# MES-DEA RM4 as parking heater with Webasto remote



## rwaudio (May 22, 2008)

Is your RM4 connected to mains (240v AC) or your battery pack?


----------



## KeeBee (Oct 24, 2014)

I don't know yet, i just got the car last week. I think it's connected to the battery pack since it's also working while driving.


----------



## rwaudio (May 22, 2008)

I'm doing something similar with an RM3, the one thing to consider is that if you remotely turn on the heater after the charger has completed you won't be replenishing from the wall. This is what happens in my car, when I want to preheat off wall power I have to turn on the heater, give it a few seconds to bring the pack voltage down, unplug the charge cord and plug it back in. Then the charger almost keeps up with the heater draw.


----------



## KeeBee (Oct 24, 2014)

I thought of that, but didn't test it yet. If the charger doesn't start automatically when the heater is switched on, I want to use a timer(clock) to switch a 63A relay. If I let the timer switch the main power off and on again just before the heater is switched on I guess the charger will also be active.
Would be nice if I could trigger the charger to kick in when the heater is switch on. Unfortunately I have no information about any of the components used in my car. It's a prototype of Detroit Electric based on the Lotus Elise.


----------



## rwaudio (May 22, 2008)

You'll want the charger to kick on after the heater, otherwise it will likely terminate instantly because the pack is still "full".
That's how my Brusa works anyway. I believe many chargers will kick in once the voltage drops too low, but it's meant to save a pack that's being stored for many months, I doubt any charger would kick in when the voltage drops slightly.

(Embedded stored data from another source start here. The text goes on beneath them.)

-- ===== src/Reactor/Loop/Silence.antt =====
-- Events of a removed descriptor that EpollReactor finds later in the same batch.
use vpn_service_android.Common.{◌≡◌, refl, ◌∙◌, List, [], ◌∷◌, ◌++◌, Option, none, some, true}
use vpn_service_android.Reactor.{Listener, Stub, Callback, Reactor}
use vpn_service_android.Reactor.Table.Laws.{has}
use vpn_service_android.Reactor.Calls.{Call}
use vpn_service_android.Reactor.Calls.Invariant.{IsReactor, is_silent, no_listener}
use vpn_service_android.Reactor.Loop.{
  Ready, dispatch_listened, dispatch_stub, dispatch_one, dispatch_event,
}
use vpn_service_android.Reactor.Loop.Kept.{AllLive, stubs, dispatch_event-Keeps}

module _ (handlers : List Callback → List Call) where
  dispatch_one_silent :
      (e : Ready) (r : Reactor) → is_silent (r.heap e.stub) ≡ true → dispatch_one handlers e r ≡ r
  unfolding dispatch_one dispatch_stub dispatch_listened
  dispatch_one_silent e r h = by_stub (r.heap e.stub) h
    where
      by_listener :
          (l : Option Listener) → no_listener l ≡ true → dispatch_listened handlers l e r ≡ r
      by_listener none n = refl
      by_listener (some l) n = absurd cc

      by_stub : (o : Option Stub) → is_silent o ≡ true → dispatch_stub handlers o e r ≡ r
      by_stub none n = absurd cc
      by_stub (some s) n = by_listener s.listener n

  dispatch_event-append :
      (es : List Ready) (e : Ready) (r : Reactor)
      → dispatch_event handlers (es ++ e ∷ []) r
        ≡ dispatch_one handlers e (dispatch_event handlers es r)
  unfolding dispatch_event
  dispatch_event-append [] e r = refl
  dispatch_event-append (d ∷ es) e r = dispatch_event-append es e (dispatch_one handlers d r)

  -- When a stub waits for its deletion, an event reported for it changes nothing and calls no handler,
  -- wherever it stands in a batch of events for allocated stubs, whatever the handlers called before it
  -- do, and even when its descriptor is registered again.
  pub dispatch_event_silent :
      (es : List Ready) (e : Ready) (r : Reactor)
      → IsReactor r
      → AllLive r (stubs es)
      → has e.stub r.deleted ≡ true
      → dispatch_event handlers (es ++ e ∷ []) r ≡ dispatch_event handlers es r
  dispatch_event_silent es e r v h d =
      let kept = dispatch_event-Keeps handlers es r v h in
      dispatch_event-append es e r
      ∙ dispatch_one_silent e (dispatch_event handlers es r)
          (kept.valid.waits e.stub (kept.deleted e.stub d))
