-- ===== src/Router.antt =====
-- core/Router.cpp and core/Session.cpp: the lists of sessions, and the queue of packages for the tunnel
-- device.
pub mod Sessions
pub mod Reading
pub mod Writing
pub mod Lifecycle
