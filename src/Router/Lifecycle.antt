-- ===== src/Router/Lifecycle.antt =====
-- core/Router.cpp, start and stop: the router's own use of the reactor, for the tunnel device at `fd`.
-- The router's handler is the client `self`; the capture file is left out.
use vpn_service_android.Common.{ℕ, ◌≡◌, ◌∙◌, List, some, Bool, true, false, if_both, arith}
use vpn_service_android.Reactor.{Events, client, Callback, Reactor, Status}
use vpn_service_android.Reactor.Calls.{Call, add, del, call, add_event, add_found, modify_stub}
use vpn_service_android.Reactor.Calls
use vpn_service_android.Reactor.Calls.Invariant.{IsReactor}
use vpn_service_android.Reactor.Calls.Kept.{call-Keeps}
use vpn_service_android.Reactor.Loop
use vpn_service_android.Reactor.Loop.{Wait, loop}
use vpn_service_android.Reactor.Loop.Kept.{other-Keeps}
use vpn_service_android.Reactor.Loop.Safety.{IsResting, Reports, loop-IsResting}

abbrev reads : Events
reads = record { read = true; write = false; error = false }

abbrev all_events : Events
all_events = record { read = true; write = true; error = true }

-- `added` and `removed` are whether epoll takes the device in and out.
unfoldable pub start :
    (List Callback → List Call) → ℕ → ℕ → Bool → Bool → List Wait → ℕ → Reactor → Status × Reactor
unfolding call
start handlers fd self added removed ws now r =
    let ready = (call (add (some fd) reads (some (client self)) 0 added) r).1 in
    let ran = Loop.start handlers ws now ready in
    (ran.0, (call (del fd all_events removed) ran.2).1)

unfoldable pub stop : Bool → Reactor → Status × Reactor
stop ok r = Calls.stop ok r

add-deleted :
    (fd self : ℕ) (ok : Bool) (r : Reactor)
    → (call (add (some fd) reads (some (client self)) 0 ok) r).1.deleted ≡ r.deleted
unfolding call add_event add_found modify_stub
add-deleted fd self ok r = ground arith

add-IsResting :
    (fd self : ℕ) (ok : Bool) (r : Reactor)
    → IsResting r
    → IsResting (call (add (some fd) reads (some (client self)) 0 ok) r).1
add-IsResting fd self ok r v =
    let kept = call-Keeps (add (some fd) reads (some (client self)) 0 ok) r v.valid in
    record {
      valid = kept.valid;
      sound = kept.fault ∙ v.sound;
      nothing_waits = add-deleted fd self ok r ∙ v.nothing_waits;
    }

at_work : Reactor → Reactor
at_work r = record r { working = true }

at_work-IsResting : (r : Reactor) → IsResting r → IsResting (at_work r)
unfolding at_work
at_work-IsResting r v = record {
  valid = (other-Keeps r true r.pipe r.log v.valid).valid;
  sound = v.sound;
  nothing_waits = v.nothing_waits;
}

-- A whole run of the router on a reactor at rest, told by epoll only of registered descriptors, uses no
-- freed stub and leaves the table in order, whatever the handlers do and whether or not epoll takes the
-- device in and out.
pub start_sound :
    (handlers : List Callback → List Call) (fd self : ℕ) (added removed : Bool) (ws : List Wait)
    (now : ℕ) (r : Reactor)
    → IsResting r
    → Reports handlers ws now
        (record (call (add (some fd) reads (some (client self)) 0 added) r).1 { working = true })
    → let q = (start handlers fd self added removed ws now r).1 in (q.fault ≡ false) × IsReactor q
unfolding start Loop.start at_work
start_sound handlers fd self added removed ws now r v p =
    let ready = (call (add (some fd) reads (some (client self)) 0 added) r).1 in
    let rests = add-IsResting fd self added r v in
    let ran = loop-IsResting handlers ws now (at_work ready) (at_work-IsResting ready rests) p in
    if_both
      (λ (t : Status × Bool × Reactor).
        let q = (call (del fd all_events removed) t.2).1 in (q.fault ≡ false) × IsReactor q)
      ready.working (left ready rests) (left (loop handlers ws now (at_work ready)).1 ran)
  where
    left :
        (t : Reactor)
        → IsResting t
        → let q = (call (del fd all_events removed) t).1 in (q.fault ≡ false) × IsReactor q
    left t w =
        let kept = call-Keeps (del fd all_events removed) t w.valid in
        (kept.fault ∙ w.sound, kept.valid)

Nice little car, hopefully you get everything working well.


----------



## KeeBee (Oct 24, 2014)

My initial setup did work but if the battery pack was fully charged, the heater would use energy from the battery instead of the charger. I found out that I can start the charger by supplying +12v to a dedicated pin on the charger connector. 

Update on the schematic, the 1A fuse was to small and needs to be 2A.


----------